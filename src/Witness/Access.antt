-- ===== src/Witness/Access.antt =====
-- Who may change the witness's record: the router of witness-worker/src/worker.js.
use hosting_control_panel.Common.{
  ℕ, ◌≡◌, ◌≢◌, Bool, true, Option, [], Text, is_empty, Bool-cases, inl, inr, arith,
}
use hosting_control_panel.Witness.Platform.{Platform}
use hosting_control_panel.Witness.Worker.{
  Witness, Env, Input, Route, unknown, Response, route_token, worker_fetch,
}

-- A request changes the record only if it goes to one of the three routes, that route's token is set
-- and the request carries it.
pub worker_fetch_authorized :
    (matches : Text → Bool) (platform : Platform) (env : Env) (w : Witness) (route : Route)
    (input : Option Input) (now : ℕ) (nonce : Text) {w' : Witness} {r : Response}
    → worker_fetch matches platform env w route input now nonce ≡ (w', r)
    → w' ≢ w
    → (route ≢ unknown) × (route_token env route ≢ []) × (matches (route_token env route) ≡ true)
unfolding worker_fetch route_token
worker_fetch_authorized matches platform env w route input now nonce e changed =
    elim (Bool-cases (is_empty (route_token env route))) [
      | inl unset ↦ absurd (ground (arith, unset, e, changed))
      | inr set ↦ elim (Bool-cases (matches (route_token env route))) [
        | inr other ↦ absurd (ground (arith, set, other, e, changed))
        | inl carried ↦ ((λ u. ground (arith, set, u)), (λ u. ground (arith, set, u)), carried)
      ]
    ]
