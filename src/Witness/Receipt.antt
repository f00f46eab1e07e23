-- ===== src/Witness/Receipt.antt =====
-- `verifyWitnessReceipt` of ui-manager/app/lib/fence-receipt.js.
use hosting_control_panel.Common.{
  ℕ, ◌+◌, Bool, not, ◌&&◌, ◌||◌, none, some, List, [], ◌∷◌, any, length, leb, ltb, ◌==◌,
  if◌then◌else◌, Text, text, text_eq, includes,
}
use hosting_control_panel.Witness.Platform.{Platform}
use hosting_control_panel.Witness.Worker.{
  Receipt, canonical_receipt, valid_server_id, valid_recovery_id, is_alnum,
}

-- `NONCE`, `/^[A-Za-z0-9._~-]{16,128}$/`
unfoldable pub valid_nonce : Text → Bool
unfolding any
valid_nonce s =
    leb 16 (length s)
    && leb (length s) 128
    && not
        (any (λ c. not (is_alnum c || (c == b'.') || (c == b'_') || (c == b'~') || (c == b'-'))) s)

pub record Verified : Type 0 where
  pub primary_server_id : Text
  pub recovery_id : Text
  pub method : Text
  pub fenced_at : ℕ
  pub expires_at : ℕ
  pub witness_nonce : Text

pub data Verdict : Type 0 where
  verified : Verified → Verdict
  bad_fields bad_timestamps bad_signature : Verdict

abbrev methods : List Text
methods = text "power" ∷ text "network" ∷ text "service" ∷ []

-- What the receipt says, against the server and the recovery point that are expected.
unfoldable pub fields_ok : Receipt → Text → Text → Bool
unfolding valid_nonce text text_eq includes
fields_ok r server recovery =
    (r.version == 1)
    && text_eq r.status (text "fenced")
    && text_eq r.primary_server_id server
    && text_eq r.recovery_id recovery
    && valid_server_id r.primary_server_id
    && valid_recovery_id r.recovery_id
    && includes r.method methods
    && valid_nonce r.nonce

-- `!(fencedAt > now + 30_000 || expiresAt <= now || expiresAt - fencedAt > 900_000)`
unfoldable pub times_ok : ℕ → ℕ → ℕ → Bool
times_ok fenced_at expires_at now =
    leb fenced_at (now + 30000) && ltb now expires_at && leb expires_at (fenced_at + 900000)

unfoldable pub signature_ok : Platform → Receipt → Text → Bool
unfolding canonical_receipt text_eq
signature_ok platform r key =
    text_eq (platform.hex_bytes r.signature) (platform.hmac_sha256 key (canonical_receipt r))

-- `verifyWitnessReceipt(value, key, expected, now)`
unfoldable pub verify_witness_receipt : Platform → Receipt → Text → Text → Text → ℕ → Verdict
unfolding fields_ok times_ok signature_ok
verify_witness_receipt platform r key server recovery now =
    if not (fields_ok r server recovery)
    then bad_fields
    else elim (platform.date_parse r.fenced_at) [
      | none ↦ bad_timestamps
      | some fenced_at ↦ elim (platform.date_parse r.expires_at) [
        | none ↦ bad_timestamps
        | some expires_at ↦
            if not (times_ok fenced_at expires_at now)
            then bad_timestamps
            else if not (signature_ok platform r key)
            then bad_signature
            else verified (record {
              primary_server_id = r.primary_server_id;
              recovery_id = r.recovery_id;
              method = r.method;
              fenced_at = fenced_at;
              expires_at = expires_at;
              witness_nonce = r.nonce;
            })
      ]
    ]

REQUIRED ACTION ->
Only a number is wanted. How many lines of the entries above carry "elim"?

RESPONSE AREA ->
4